Statistics portray that over 1,000 people die per day as a result of preventable medical errors, making it the third leading cause of death in America1; and that on average, a hospital patient is subject to at least one medication error per day2; and that the United States Food and Drug Administration (FDA) evaluated reports received of fatal medication errors and found that the most common types of errors involved the administration of an improper dose (41%), administering the wrong drug (16%), and using the wrong route of administration (16%), with injectable drugs raising the most problems3.
The statistics identify that multiple hands-on procedures for the consolidation and correlation of the required components, reconstitution procedures, and the calculation and preparation of the correct dose according to a specific patient characteristic (within an already complex environment), exponentially increases the potential for a medical error.
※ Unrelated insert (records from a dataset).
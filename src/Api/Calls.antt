-- ===== src/Api/Calls.antt =====
-- The routes of the API with the dependencies that guard them, wiregui/api/deps.py.
use wiregui.Base.{ℕ, Text}
use wiregui.Settings.{Settings}
use wiregui.Models.{User, Configuration}
use wiregui.Nft.{Nftables}
use wiregui.Host.{Host}
use wiregui.Auth.{Primitives, Reply, reply, http_error, get_current_api_user, require_admin}
use wiregui.Api.Requests.{
  UserCreate, UserUpdate, DeviceCreate, DeviceUpdate, RuleCreate, RuleUpdate, ConfigurationUpdate,
  Draws,
}
use wiregui.Api.Users.{Handler, list_users, get_user, create_user, update_user, delete_user}
use wiregui.Api.DeviceRoutes.{list_devices, get_device, create_device, update_device, delete_device}
use wiregui.Api.RuleRoutes.{
  list_rules, get_rule, create_rule, update_rule, delete_rule, get_configuration,
  update_configuration,
}

-- The routes that want an administrator, and those that want any user.
pub data AdminCall : Type 0 where
  users_list rules_list : AdminCall
  users_get users_delete rules_get rules_delete : Text → AdminCall
  users_post : UserCreate → Draws → AdminCall
  users_put : Text → UserUpdate → Draws → AdminCall
  rules_post : RuleCreate → Draws → AdminCall
  rules_put : Text → RuleUpdate → AdminCall
  configuration_get : Configuration → AdminCall
  configuration_put : Configuration → ConfigurationUpdate → AdminCall

pub data DeviceCall : Type 0 where
  devices_list : DeviceCall
  devices_get devices_delete : Text → DeviceCall
  devices_post : DeviceCreate → Draws → DeviceCall
  devices_put : Text → DeviceUpdate → DeviceCall

module _ (settings : Settings) (p : Primitives) (n : Nftables)
    (h : Host settings.wg_interface) where
  -- A handler whose dependency resolves the user.
  abbrev pub guarded : Reply User → (User → Handler settings p n h) → Handler settings p n h
  guarded (http_error status) f s = (http_error status, s)
  guarded (reply u) f s = f u s

  unfoldable pub admin_handler : AdminCall → Handler settings p n h
  unfolding list_users get_user create_user update_user delete_user list_rules get_rule create_rule
      update_rule delete_rule get_configuration update_configuration
  admin_handler users_list = list_users settings p n h
  admin_handler rules_list = list_rules settings p n h
  admin_handler (users_get user_id) = get_user settings p n h user_id
  admin_handler (users_delete user_id) = delete_user settings p n h user_id
  admin_handler (rules_get rule_id) = get_rule settings p n h rule_id
  admin_handler (rules_delete rule_id) = delete_rule settings p n h rule_id
  admin_handler (users_post body d) = create_user settings p n h body d
  admin_handler (users_put user_id body d) = update_user settings p n h user_id body d
  admin_handler (rules_post body d) = create_rule settings p n h body d
  admin_handler (rules_put rule_id body) = update_rule settings p n h rule_id body
  admin_handler (configuration_get fresh) = get_configuration settings p n h fresh
  admin_handler (configuration_put fresh body) = update_configuration settings p n h fresh body

  unfoldable pub device_handler : DeviceCall → User → Handler settings p n h
  unfolding list_devices get_device create_device update_device delete_device
  device_handler devices_list u = list_devices settings p n h u
  device_handler (devices_get device_id) u = get_device settings p n h u device_id
  device_handler (devices_delete device_id) u = delete_device settings p n h u device_id
  device_handler (devices_post body d) u = create_device settings p n h u body d
  device_handler (devices_put device_id body) u = update_device settings p n h u device_id body

  -- A request with its `Authorization` header, at a time.
  unfoldable pub handle_admin : AdminCall → ℕ → Text → Handler settings p n h
  unfolding require_admin admin_handler
  handle_admin call now header s =
      guarded (require_admin settings p s.db now header) (λ _. admin_handler call) s

  unfoldable pub handle_device : DeviceCall → ℕ → Text → Handler settings p n h
  unfolding get_current_api_user device_handler
  handle_device call now header s =
      guarded (get_current_api_user settings p s.db now header) (λ u. device_handler call u) s
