-- ===== src/Api.antt =====
-- wiregui/api/v0/ and wiregui/schemas/: the REST API.
mod Requests
mod Users
mod DeviceRoutes
mod RuleRoutes
mod Calls
pub mod Rows
pub mod Access
pub use Requests.*
unfoldable pub use Users.*
unfoldable pub use DeviceRoutes.*
unfoldable pub use RuleRoutes.*
unfoldable pub use Calls.*
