-- ===== src/Client.antt =====
-- wiregui/utils/wg_conf.py: the configuration file that a user downloads for a device.
use wiregui.Base.{
  zero, suc, ◌≡◌, refl, ap, sym, ◌∙◌, Bool, false, Option, none, some, List, [], ◌∷◌, ◌++◌, Text,
  codes, join, length, ◌==◌, not, truthy, text_or_empty, if◌then◌else◌,
}
use wiregui.Base.Int.{ℤ, pos, negsuc}
use wiregui.Net.{show_ℕ}
use wiregui.Settings.{Settings}
use wiregui.Models.{Device, Configuration}

-- A setting of the environment is one text, one of the database or the device a list.
pub data Listed : Type 0 where
  one : Text → Listed
  many : List Text → Listed

abbrev pub has_any : Listed → Bool
has_any (one t) = not (length t == 0)
has_any (many ts) = not (length ts == 0)

abbrev pub listed_text : Listed → Text
listed_text (one t) = t
listed_text (many ts) = join (codes ", ") ts

abbrev pub list_or : List Text → Text → Listed
list_or [] t = one t
list_or (x ∷ xs) t = many (x ∷ xs)

-- The default of a setting, from the database where it has one, else from the environment.
abbrev pub default_dns : Settings → Option Configuration → Listed
default_dns settings none = one settings.wg_dns
default_dns settings (some c) = list_or c.default_client_dns settings.wg_dns

abbrev pub default_allowed_ips : Settings → Option Configuration → Listed
default_allowed_ips settings none = one settings.wg_allowed_ips
default_allowed_ips settings (some c) = list_or c.default_client_allowed_ips settings.wg_allowed_ips

abbrev pub default_host : Settings → Option Configuration → Option Text
default_host settings none = some settings.wg_endpoint_host
default_host settings (some c) =
    if truthy c.default_client_endpoint
    then c.default_client_endpoint
    else some settings.wg_endpoint_host

abbrev pub default_mtu : Settings → Option Configuration → Option ℤ
default_mtu settings none = some settings.wg_mtu
default_mtu settings (some c) = some c.default_client_mtu

abbrev pub default_keepalive : Settings → Option Configuration → Option ℤ
default_keepalive settings none = some settings.wg_persistent_keepalive
default_keepalive settings (some c) = some c.default_client_persistent_keepalive

-- What the lines are written from.
pub record Resolved : Type 0 where
  pub dns : Listed
  pub endpoint_host : Option Text
  pub mtu : Option ℤ
  pub keepalive : Option ℤ
  pub allowed_ips : Listed

unfoldable pub resolve : Settings → Device → Option Configuration → Resolved
resolve settings d config = record {
  dns = if d.use_default_dns then default_dns settings config else many d.dns;
  endpoint_host = if d.use_default_endpoint then default_host settings config else d.endpoint;
  mtu = if d.use_default_mtu then default_mtu settings config else d.mtu;
  keepalive =
      if d.use_default_persistent_keepalive
      then default_keepalive settings config
      else d.persistent_keepalive;
  allowed_ips =
      if d.use_default_allowed_ips then default_allowed_ips settings config else many d.allowed_ips;
}

unfoldable pub show_ℤ : ℤ → Text
unfolding show_ℕ
show_ℤ (pos n) = show_ℕ n
show_ℤ (negsuc n) = codes "-" ++ show_ℕ (suc n)

-- A number that is neither missing nor 0.
number_line : Text → Option ℤ → List Text
unfolding show_ℤ
number_line name none = []
number_line name (some (pos zero)) = []
number_line name (some z) = (name ++ show_ℤ z) ∷ []

abbrev addr_text : Text → Option Text → List Text
addr_text mask addr = if truthy addr then (text_or_empty addr ++ mask) ∷ [] else []

unfoldable pub client_addresses : Device → List Text
client_addresses d = addr_text (codes "/32") d.ipv4 ++ addr_text (codes "/128") d.ipv6

abbrev text_line : Text → Bool → Text → List Text
text_line name given value = if given then (name ++ value) ∷ [] else []

-- `f"{host}"` writes a missing host as `None`.
abbrev host_text : Option Text → Text
host_text none = codes "None"
host_text (some host) = host

unfoldable pub config_lines : Settings → Device → Text → Text → Resolved → List Text
unfolding number_line client_addresses show_ℕ
config_lines settings d private_key server_public_key r =
    (codes "[Interface]" ∷ ((codes "PrivateKey = " ++ private_key) ∷ []))
    ++ (text_line (codes "Address = ") (not (length (client_addresses d) == 0))
          (join (codes ", ") (client_addresses d))
        ++ (text_line (codes "DNS = ") (has_any r.dns) (listed_text r.dns)
            ++ (number_line (codes "MTU = ") r.mtu
                ++ (([] ∷ (codes "[Peer]" ∷ ((codes "PublicKey = " ++ server_public_key) ∷ [])))
                    ++ (text_line (codes "PresharedKey = ") (truthy d.preshared_key)
                          (text_or_empty d.preshared_key)
                        ++ (text_line (codes "AllowedIPs = ") (has_any r.allowed_ips)
                              (listed_text r.allowed_ips)
                            ++ (((codes "Endpoint = "
                                    ++ (host_text r.endpoint_host
                                        ++ (codes ":" ++ show_ℕ settings.wg_endpoint_port)))
                                  ∷ [])
                                ++ number_line (codes "PersistentKeepalive = ") r.keepalive)))))))

unfoldable pub build_client_config : Settings → Device → Text → Text → Option Configuration → Text
unfolding resolve config_lines
build_client_config settings d private_key server_public_key config =
    join (10 ∷ [])
      (config_lines settings d private_key server_public_key (resolve settings d config))
    ++ (10 ∷ [])

abbrev pub own_settings : Device → Resolved
own_settings d = record {
  dns = many d.dns;
  endpoint_host = d.endpoint;
  mtu = d.mtu;
  keepalive = d.persistent_keepalive;
  allowed_ips = many d.allowed_ips;
}

resolve-own_settings :
    (settings : Settings) (d : Device) (config : Option Configuration)
    → d.use_default_dns ≡ false
    → d.use_default_endpoint ≡ false
    → d.use_default_mtu ≡ false
    → d.use_default_persistent_keepalive ≡ false
    → d.use_default_allowed_ips ≡ false
    → resolve settings d config ≡ own_settings d
unfolding resolve
resolve-own_settings settings d config dns host mtu keepalive ips =
    rw (dns, host, mtu, keepalive, ips) refl

-- A device that overrides every setting has the same file whatever the database's defaults are.
build_client_config-overrides :
    (settings : Settings) (d : Device) (private_key server_public_key : Text)
    (config config' : Option Configuration)
    → d.use_default_dns ≡ false
    → d.use_default_endpoint ≡ false
    → d.use_default_mtu ≡ false
    → d.use_default_persistent_keepalive ≡ false
    → d.use_default_allowed_ips ≡ false
    → build_client_config settings d private_key server_public_key config
      ≡ build_client_config settings d private_key server_public_key config'
unfolding build_client_config resolve
build_client_config-overrides settings d private_key server_public_key config config' dns host mtu
      keepalive ips =
    ap (λ r. join (10 ∷ []) (config_lines settings d private_key server_public_key r) ++ (10 ∷ []))
      (resolve-own_settings settings d config dns host mtu keepalive ips
        ∙ sym (resolve-own_settings settings d config' dns host mtu keepalive ips))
In fact, according to a Medical Error Program operated by the U.S. Pharmacopeia and the Institute for Safe Medication Practices, confusion caused by similar drug names accounts for up to 25% of all errors reported. In addition, labeling and packaging issues were cited as the leading cause of 33% of all errors, including 30% of all fatalities.4
The severity of these statistics can only be exacerbated by the fact the studies also indicate pediatric patients are up to three times more likely to have an adverse drug event than adults from these errors5. These statistics should provide for an industry catalyst to enhance and provide safer, more precise, intuitive packaging and delivery apparatus to health care providers. Reducing preventable medication error should start before the medication reaches any health-care provider and certainly well before the patient.
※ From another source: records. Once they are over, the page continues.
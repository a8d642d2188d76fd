-- ===== src/Ordering/Priorities.antt =====
-- `assign_priorities`, and `_persist_order`, `do_drop` and `_next_priority` of the rules page.
use wiregui.Base.{
  ℕ, ◌+◌, ◌-◌, ◌*◌, Bool, true, false, Option, none, some, List, [], ◌∷◌, Text, eqb, ltb, filter,
  if◌then◌else◌,
}
use wiregui.Base.Int.{ℤ, pos, negsuc, leb_ℤ}
use wiregui.Models.{Rule}
use wiregui.Database.{owned_by}

abbrev pub priority_step : ℕ
priority_step = 10

-- The mapping in the order in which its keys came, from a place on.
unfoldable pub assign_from : ℕ → ℕ → List Text → List (Text × ℕ)
assign_from step index [] = []
assign_from step index (id ∷ ids) = (id, (index + 1) * step) ∷ assign_from step (index + 1) ids

unfoldable pub assign_priorities : ℕ → List Text → List (Text × ℕ)
unfolding assign_from
assign_priorities step ordered_ids = assign_from step 0 ordered_ids

abbrev pub with_priority : ℕ → ℕ → Rule → Rule
with_priority priority now r = record r { priority = pos priority; updated_at = now }

-- The row of an id, if there is one, is given the priority.
unfoldable pub set_priority : ℕ → Text → ℕ → List Rule → List Rule
set_priority now id priority [] = []
set_priority now id priority (r ∷ rs) =
    (if eqb r.id id then with_priority priority now r else r) ∷ set_priority now id priority rs

unfoldable pub persist : ℕ → List (Text × ℕ) → List Rule → List Rule
unfolding set_priority
persist now [] rs = rs
persist now (m ∷ ms) rs = persist now ms (set_priority now m.0 m.1 rs)

-- `_persist_order`
unfoldable pub persist_order : ℕ → List Text → List Rule → List Rule
unfolding persist assign_priorities
persist_order now ordered_ids rs = persist now (assign_priorities priority_step ordered_ids) rs

-- `order.remove(src)` of a list without repetition, and `order.insert(order.index(target), src)`;
-- `none` is the `ValueError` of a target that is not there.
unfoldable pub remove_id : Text → List Text → List Text
remove_id k [] = []
remove_id k (x ∷ xs) = let rest = remove_id k xs in if eqb x k then xs else x ∷ rest

abbrev pub cons_id : Text → Option (List Text) → Option (List Text)
cons_id x none = none
cons_id x (some xs) = some (x ∷ xs)

unfoldable pub insert_before : Text → Text → List Text → Option (List Text)
insert_before target src [] = none
insert_before target src (x ∷ xs) =
    let rest = insert_before target src xs in
    if eqb x target then some (src ∷ (x ∷ xs)) else cons_id x rest

-- The order after `do_drop`.
unfoldable pub drop_on : Text → Text → List Text → Option (List Text)
unfolding remove_id insert_before
drop_on src target order =
    if eqb src target then some order else insert_before target src (remove_id src order)

-- `max(existing) + 10`, or 10.
abbrev pub plus_10 : ℤ → ℤ
plus_10 (pos n) = pos (n + 10)
plus_10 (negsuc n) = if ltb n 10 then pos (9 - n) else negsuc (n - 10)

abbrev pub max_ℤ : ℤ → ℤ → ℤ
max_ℤ a b = if leb_ℤ a b then b else a

unfoldable pub max_priority : ℤ → List Rule → ℤ
max_priority best [] = best
max_priority best (r ∷ rs) = max_priority (max_ℤ best r.priority) rs

-- The rules of the user, or those of no user.
abbrev pub in_scope : Option Text → Rule → Bool
in_scope none r = elim (r.user_id) [ none ↦ true | some u ↦ false ]
in_scope (some user_id) r = owned_by user_id r.user_id

abbrev pub next_after : List Rule → ℤ
next_after [] = pos 10
next_after (r ∷ rs) = plus_10 (max_priority r.priority rs)

-- `_next_priority`
unfoldable pub next_priority : Option Text → List Rule → ℤ
unfolding max_priority
next_priority user_id rs = next_after (filter (in_scope user_id) rs)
Whether dosing according to patient characteristics (e.g., BSA or weight), and/or low dose (e.g., mcg, mg, IU, mL), our proprietary technology provides oral over-the-counter medicinal solutions with the same platform used for highly potent low dose injectable medications for small mass neonates. There is no “just about”, “patient range” or “adjusted for dosing convenience” – solely, precisely as prescribed.
I wish to personally thank you for your interest in our company and our mission to enhance patient safety and outcome through higher precision medication delivery.
CEO and Managing Partner
1 McCann, Erin, “Deaths by Medical Mistakes Hit Records”, healthcarenews.com, http://www.healthcareitnews.com/news/deaths-by-medical-mistakes-hit-records.
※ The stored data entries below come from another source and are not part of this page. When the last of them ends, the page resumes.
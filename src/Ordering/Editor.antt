-- ===== src/Ordering/Editor.antt =====
-- The handlers of wiregui/pages/admin/rules.py that create, edit and delete a rule, and the
-- switches of the network policies.
use wiregui.Base.{
  ℕ, Bool, Option, none, some, List, ◌∷◌, Text, codes, eqb, strip, length, ◌==◌, if◌then◌else◌,
}
use wiregui.Base.Int.{ℤ}
use wiregui.Settings.{Settings}
use wiregui.Models.{Rule, Configuration}
use wiregui.Database.{Database, find, put_row, delete_row}
use wiregui.Nft.{Nftables}
use wiregui.Host.{Host}
use wiregui.Firewall.{apply_peer_to_peer_policy, apply_lan_to_peers_policy}
use wiregui.Events.{World, on_rule_created, on_rule_updated, on_rule_deleted, on_rules_reordered}
use wiregui.Ordering.Priorities.{next_priority, persist_order, drop_on}

-- The inputs of the two dialogs.
pub record RuleForm : Type 0 where
  pub action : Text
  pub destination : Text
  pub port_type : Text
  pub port_range : Text
  pub priority : Option ℤ
  pub user : Text

-- `value if value != word else None`, and `value.strip() or None`.
abbrev pub unless : Text → Text → Option Text
unless word value = if eqb value word then none else some value

abbrev pub stripped_or_none : Text → Option Text
stripped_or_none value = if length (strip value) == 0 then none else some (strip value)

abbrev priority_or : Option ℤ → ℤ → ℤ
priority_or none old = old
priority_or (some new) old = new

unfoldable pub rule_of_form : Text → ℕ → ℤ → RuleForm → Rule
rule_of_form id now priority form = record {
  id = id;
  action = form.action;
  destination = strip form.destination;
  port_type = unless (codes "any") form.port_type;
  port_range = stripped_or_none form.port_range;
  priority = priority;
  user_id = unless (codes "global") form.user;
  inserted_at = now;
  updated_at = now;
}

unfoldable pub edited_rule : RuleForm → Rule → Rule
edited_rule form r = record r {
  action = form.action;
  destination = strip form.destination;
  port_type = unless (codes "any") form.port_type;
  port_range = stripped_or_none form.port_range;
  priority = priority_or form.priority r.priority;
  user_id = unless (codes "global") form.user;
}

abbrev pub with_peer_to_peer : Bool → ℕ → Option Configuration → Option Configuration
with_peer_to_peer enabled now none = none
with_peer_to_peer enabled now (some c) =
    some (record c { allow_peer_to_peer = enabled; updated_at = now })

abbrev pub with_lan_to_peers : Bool → ℕ → Option Configuration → Option Configuration
with_lan_to_peers enabled now none = none
with_lan_to_peers enabled now (some c) =
    some (record c { allow_lan_to_peers = enabled; updated_at = now })

module _ (settings : Settings) (n : Nftables) (h : Host settings.wg_interface) where
  abbrev Edit : Type 0
  Edit = Database × World settings n h → Database × World settings n h

  -- `create_rule`; without a destination nothing happens.
  unfoldable pub create_rule_from : Text → ℕ → RuleForm → Edit
  unfolding rule_of_form next_priority on_rule_created
  create_rule_from id now form (db, w) =
      if length (strip form.destination) == 0
      then (db, w)
      else (let rule =
            rule_of_form id now (next_priority (unless (codes "global") form.user) db.rules) form in
          let db' = record db { rules = rule ∷ db.rules } in
          (db', on_rule_created settings n h db' rule w))

  -- `save_edit`
  unfoldable pub save_edit : Text → RuleForm → Edit
  unfolding find put_row edited_rule on_rule_updated
  save_edit rule_id form (db, w) = elim (find (λ r. r.id) rule_id db.rules) [
    | none ↦ (db, w)
    | some r ↦
        (let rule = edited_rule form r in
          let db' = record db { rules = put_row (λ q. q.id) rule db.rules } in
          (db', on_rule_updated settings n h db' rule w))
  ]

  unfoldable pub delete_rule_row : Text → Edit
  unfolding find delete_row on_rule_deleted
  delete_rule_row rule_id (db, w) = elim (find (λ r. r.id) rule_id db.rules) [
    | none ↦ (db, w)
    | some r ↦
        (let db' = record db { rules = delete_row (λ q. q.id) r.id db.rules } in
          (db', on_rule_deleted settings n h db' r w))
  ]

  abbrev pub store_order : ℕ → Text → Option (List Text) → Edit
  store_order now user_id none (db, w) = (db, w)
  store_order now user_id (some order) (db, w) =
      (let db' = record db { rules = persist_order now order db.rules } in
        (db', on_rules_reordered settings n h db' user_id w))

  -- `do_drop` while the rules of one user are shown; a drop on the rule itself does nothing.
  unfoldable pub do_drop : ℕ → Text → Text → Text → List Text → Edit
  unfolding drop_on persist_order on_rules_reordered
  do_drop now user_id src target order (db, w) =
      if eqb src target then (db, w) else store_order now user_id (drop_on src target order) (db, w)

  -- The switches of the network policies. The row is written where there is one, and the policy is
  -- applied in any case.
  unfoldable pub toggle_peer_to_peer : Bool → ℕ → Edit
  unfolding apply_peer_to_peer_policy
  toggle_peer_to_peer enabled now (db, w) = (
    record db { configuration = with_peer_to_peer enabled now db.configuration },
    record w { firewall = apply_peer_to_peer_policy n settings enabled w.firewall },
  )

  unfoldable pub toggle_lan_to_peers : Bool → ℕ → Edit
  unfolding apply_lan_to_peers_policy
  toggle_lan_to_peers enabled now (db, w) = (
    record db { configuration = with_lan_to_peers enabled now db.configuration },
    record w { firewall = apply_lan_to_peers_policy n settings enabled w.firewall },
  )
2 “Summary”. Preventing Medication Errors: Quality Chasm Series. Washington, DC: The National Academies Press, 2007.
3 “Strategies to Reduce Medication Errors: Working to Improve Medication Safety”. fda.gov. http://www.fda.gov/Drugs/ResourcesForYou/Consumers/ucm143553.htm
4 Pham, J. C., Story, J. L., Hicks, R. W., et al. (2011). National study on the frequency, types, causes, and consequences of voluntarily reported emergency department medication errors.
5 Mendelsohn, A. B., Schroeder, T. J., Annest, J. L. (2006). National surveillance of emergency department visits for outpatient adverse drug events. Journal of the American Medical.